• [Task statement]
Only one stretch of the listing below is wanted. Give it again exactly, from the line with "still-append skip [] b = refl" through the line with "still-append skip (c".
###
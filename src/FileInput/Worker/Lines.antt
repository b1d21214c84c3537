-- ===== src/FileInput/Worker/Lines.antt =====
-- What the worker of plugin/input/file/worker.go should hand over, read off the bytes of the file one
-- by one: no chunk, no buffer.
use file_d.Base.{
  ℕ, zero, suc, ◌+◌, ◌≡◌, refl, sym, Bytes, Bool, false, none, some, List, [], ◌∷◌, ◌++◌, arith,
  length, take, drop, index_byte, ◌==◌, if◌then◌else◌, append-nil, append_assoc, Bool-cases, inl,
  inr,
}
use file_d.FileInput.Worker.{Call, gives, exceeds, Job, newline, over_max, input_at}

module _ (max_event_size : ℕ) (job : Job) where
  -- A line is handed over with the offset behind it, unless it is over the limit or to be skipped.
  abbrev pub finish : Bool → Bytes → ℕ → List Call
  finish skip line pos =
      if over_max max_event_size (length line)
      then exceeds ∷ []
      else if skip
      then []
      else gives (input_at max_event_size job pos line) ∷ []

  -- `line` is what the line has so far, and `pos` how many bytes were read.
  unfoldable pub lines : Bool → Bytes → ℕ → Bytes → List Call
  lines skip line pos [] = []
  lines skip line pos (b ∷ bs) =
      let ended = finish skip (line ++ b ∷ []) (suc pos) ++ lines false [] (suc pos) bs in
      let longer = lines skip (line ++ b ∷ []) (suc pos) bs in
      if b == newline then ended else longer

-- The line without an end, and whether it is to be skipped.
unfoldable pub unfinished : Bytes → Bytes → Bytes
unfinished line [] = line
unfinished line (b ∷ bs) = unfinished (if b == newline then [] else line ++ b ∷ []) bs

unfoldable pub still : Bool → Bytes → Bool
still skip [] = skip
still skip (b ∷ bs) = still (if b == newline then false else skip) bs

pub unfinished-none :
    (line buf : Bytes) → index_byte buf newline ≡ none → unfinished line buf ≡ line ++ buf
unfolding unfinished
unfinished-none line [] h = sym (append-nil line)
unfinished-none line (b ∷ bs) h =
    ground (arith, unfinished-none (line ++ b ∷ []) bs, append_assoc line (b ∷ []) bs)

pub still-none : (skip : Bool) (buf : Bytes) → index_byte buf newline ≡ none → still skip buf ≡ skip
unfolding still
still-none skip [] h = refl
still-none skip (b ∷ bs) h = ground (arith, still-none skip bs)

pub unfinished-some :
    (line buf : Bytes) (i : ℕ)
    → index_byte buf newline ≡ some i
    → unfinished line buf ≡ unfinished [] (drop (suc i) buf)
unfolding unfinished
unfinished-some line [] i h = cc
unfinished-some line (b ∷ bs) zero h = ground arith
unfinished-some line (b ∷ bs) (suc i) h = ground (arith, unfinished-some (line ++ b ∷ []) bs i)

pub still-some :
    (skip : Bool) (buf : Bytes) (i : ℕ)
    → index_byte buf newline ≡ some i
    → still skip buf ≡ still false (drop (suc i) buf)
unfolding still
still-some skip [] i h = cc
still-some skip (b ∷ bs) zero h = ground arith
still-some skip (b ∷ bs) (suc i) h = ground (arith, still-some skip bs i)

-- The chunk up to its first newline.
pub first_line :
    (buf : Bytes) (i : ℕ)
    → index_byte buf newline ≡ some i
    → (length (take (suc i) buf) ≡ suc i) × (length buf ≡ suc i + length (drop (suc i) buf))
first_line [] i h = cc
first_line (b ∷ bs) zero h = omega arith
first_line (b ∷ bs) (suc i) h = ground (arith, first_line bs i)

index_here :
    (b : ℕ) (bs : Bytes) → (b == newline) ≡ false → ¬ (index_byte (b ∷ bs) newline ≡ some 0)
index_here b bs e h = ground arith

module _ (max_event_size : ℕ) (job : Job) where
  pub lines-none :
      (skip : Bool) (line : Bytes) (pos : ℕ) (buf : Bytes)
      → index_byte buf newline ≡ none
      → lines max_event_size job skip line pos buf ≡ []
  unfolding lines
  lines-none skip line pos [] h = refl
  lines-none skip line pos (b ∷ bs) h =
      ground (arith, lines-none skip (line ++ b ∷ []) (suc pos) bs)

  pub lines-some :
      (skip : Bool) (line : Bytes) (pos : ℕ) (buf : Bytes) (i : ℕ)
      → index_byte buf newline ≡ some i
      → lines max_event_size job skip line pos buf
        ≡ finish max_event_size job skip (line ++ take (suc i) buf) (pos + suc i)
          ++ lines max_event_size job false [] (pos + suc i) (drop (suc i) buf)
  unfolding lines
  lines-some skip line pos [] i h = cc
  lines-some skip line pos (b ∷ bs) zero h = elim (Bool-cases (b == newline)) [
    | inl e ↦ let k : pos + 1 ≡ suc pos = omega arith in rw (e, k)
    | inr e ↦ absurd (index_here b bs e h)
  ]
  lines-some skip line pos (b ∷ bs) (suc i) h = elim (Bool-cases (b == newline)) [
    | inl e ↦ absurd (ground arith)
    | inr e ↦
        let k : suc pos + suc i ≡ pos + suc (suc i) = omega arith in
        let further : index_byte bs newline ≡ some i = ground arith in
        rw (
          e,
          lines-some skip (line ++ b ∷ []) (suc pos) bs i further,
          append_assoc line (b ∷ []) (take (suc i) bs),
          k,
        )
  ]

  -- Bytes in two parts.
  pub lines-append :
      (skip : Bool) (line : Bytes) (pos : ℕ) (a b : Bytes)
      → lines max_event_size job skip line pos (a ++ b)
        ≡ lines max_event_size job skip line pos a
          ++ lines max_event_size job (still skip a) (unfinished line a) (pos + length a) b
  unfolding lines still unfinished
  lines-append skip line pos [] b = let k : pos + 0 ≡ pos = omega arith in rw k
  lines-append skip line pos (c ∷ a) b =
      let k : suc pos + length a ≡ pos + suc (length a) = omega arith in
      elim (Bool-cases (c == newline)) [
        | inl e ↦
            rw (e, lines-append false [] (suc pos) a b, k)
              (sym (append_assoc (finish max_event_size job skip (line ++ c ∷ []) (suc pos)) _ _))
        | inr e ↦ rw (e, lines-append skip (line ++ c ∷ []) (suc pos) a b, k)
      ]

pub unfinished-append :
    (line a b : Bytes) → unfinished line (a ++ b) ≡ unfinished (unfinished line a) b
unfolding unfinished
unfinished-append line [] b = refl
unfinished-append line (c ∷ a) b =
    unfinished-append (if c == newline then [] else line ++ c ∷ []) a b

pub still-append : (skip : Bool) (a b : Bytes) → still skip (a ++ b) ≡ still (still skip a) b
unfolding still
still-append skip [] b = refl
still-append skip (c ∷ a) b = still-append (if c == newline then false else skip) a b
###
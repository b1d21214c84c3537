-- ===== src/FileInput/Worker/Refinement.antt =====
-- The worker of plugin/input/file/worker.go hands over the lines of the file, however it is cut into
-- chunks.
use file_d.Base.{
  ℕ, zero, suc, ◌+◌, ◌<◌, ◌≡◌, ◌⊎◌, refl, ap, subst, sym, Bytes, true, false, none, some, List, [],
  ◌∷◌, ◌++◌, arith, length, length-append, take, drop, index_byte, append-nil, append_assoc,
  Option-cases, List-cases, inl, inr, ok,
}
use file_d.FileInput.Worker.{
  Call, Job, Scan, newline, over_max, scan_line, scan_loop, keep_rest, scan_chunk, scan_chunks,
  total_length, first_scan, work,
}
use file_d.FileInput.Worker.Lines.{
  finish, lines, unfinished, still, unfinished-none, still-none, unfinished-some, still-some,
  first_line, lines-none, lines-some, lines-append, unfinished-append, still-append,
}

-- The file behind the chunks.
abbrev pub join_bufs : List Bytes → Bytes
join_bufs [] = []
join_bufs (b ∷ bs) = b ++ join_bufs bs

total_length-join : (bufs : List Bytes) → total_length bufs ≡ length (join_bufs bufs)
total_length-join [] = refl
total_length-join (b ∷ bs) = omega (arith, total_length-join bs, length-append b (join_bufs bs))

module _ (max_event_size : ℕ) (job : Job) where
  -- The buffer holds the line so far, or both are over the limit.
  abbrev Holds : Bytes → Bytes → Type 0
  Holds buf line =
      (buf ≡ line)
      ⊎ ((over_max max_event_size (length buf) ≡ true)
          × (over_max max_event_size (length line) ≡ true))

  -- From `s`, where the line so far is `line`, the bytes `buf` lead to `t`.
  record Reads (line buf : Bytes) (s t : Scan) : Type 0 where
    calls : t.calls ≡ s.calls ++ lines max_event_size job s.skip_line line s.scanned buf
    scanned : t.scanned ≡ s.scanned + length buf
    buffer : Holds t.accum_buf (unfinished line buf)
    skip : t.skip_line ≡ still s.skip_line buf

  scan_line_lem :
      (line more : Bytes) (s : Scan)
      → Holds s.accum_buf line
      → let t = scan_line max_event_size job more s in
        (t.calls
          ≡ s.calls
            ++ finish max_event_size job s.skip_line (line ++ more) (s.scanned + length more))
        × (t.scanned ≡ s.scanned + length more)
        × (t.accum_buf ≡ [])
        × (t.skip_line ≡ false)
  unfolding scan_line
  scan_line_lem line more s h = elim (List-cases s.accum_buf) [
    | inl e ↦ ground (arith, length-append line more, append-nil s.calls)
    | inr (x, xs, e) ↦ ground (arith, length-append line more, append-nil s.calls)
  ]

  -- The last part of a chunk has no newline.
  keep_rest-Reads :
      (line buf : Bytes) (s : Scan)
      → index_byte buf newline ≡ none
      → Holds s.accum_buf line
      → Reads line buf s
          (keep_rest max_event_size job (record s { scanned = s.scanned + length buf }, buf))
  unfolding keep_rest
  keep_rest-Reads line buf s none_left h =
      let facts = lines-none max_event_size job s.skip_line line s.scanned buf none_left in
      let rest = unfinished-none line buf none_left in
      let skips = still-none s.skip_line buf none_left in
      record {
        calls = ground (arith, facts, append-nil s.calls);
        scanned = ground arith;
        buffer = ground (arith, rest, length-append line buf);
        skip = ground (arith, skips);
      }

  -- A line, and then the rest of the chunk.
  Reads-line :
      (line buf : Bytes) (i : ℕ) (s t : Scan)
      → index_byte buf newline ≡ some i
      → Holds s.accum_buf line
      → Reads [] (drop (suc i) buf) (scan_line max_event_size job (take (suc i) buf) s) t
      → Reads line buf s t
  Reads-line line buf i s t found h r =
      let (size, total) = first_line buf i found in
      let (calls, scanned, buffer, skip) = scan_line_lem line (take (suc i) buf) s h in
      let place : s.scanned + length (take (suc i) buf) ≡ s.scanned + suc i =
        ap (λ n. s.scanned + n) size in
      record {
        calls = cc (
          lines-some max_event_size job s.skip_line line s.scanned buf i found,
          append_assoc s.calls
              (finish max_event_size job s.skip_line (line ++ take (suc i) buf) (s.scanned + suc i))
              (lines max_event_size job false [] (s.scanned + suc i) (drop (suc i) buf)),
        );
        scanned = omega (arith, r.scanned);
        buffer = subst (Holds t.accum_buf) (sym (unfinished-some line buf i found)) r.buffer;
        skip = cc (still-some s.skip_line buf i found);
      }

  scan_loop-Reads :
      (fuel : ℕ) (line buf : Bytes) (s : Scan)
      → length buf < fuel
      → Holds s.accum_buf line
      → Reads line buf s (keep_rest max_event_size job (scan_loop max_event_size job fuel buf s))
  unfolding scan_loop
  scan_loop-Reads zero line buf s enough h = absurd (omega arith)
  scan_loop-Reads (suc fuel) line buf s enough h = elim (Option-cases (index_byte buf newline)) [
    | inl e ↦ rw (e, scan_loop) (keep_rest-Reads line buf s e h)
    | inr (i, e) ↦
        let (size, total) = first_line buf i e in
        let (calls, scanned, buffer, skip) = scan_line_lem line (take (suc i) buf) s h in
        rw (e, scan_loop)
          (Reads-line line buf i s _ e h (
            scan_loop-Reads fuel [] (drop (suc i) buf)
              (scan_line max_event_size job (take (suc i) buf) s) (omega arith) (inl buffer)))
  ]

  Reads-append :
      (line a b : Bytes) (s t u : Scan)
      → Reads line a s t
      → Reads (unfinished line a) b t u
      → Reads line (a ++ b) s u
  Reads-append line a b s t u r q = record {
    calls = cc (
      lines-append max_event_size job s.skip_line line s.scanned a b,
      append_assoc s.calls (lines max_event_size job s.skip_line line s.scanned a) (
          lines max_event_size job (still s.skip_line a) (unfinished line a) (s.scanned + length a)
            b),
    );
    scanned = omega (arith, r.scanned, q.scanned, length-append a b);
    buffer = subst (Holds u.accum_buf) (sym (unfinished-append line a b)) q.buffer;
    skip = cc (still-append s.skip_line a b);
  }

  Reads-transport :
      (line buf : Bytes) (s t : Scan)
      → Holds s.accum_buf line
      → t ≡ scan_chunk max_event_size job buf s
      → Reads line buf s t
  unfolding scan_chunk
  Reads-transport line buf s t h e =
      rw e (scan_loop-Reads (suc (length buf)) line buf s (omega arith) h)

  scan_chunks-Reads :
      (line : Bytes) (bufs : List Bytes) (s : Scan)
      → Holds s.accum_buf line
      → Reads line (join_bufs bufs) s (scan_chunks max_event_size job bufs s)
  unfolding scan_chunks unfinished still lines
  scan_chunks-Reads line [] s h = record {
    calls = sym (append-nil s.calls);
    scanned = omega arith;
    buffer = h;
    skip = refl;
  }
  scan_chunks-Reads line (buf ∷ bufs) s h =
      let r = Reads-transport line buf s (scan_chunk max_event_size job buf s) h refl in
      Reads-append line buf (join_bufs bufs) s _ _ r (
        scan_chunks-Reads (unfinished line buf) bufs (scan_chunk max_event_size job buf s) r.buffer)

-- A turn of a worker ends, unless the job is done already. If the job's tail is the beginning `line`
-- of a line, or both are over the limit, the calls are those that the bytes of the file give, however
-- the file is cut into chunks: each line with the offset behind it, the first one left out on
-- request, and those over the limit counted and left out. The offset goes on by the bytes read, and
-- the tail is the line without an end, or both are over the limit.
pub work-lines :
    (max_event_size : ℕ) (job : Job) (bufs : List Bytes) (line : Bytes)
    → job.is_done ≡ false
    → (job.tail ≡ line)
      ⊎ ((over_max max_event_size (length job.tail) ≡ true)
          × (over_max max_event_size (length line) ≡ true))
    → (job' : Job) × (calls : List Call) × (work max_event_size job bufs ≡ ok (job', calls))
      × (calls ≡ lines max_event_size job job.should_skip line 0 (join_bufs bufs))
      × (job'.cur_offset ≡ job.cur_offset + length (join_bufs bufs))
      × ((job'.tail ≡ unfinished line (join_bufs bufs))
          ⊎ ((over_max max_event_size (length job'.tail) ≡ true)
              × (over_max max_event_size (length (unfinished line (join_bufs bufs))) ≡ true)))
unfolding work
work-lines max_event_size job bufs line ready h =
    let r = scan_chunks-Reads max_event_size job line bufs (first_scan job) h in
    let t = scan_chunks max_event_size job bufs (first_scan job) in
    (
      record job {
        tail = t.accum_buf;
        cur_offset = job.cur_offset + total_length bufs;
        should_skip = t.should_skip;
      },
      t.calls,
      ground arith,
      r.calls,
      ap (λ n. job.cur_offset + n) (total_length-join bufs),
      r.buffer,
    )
###
• [Response for this exercise]
still-append skip [] b = refl
still-append skip (c ∷ a) b = still-append (if c == newline then false else skip) a b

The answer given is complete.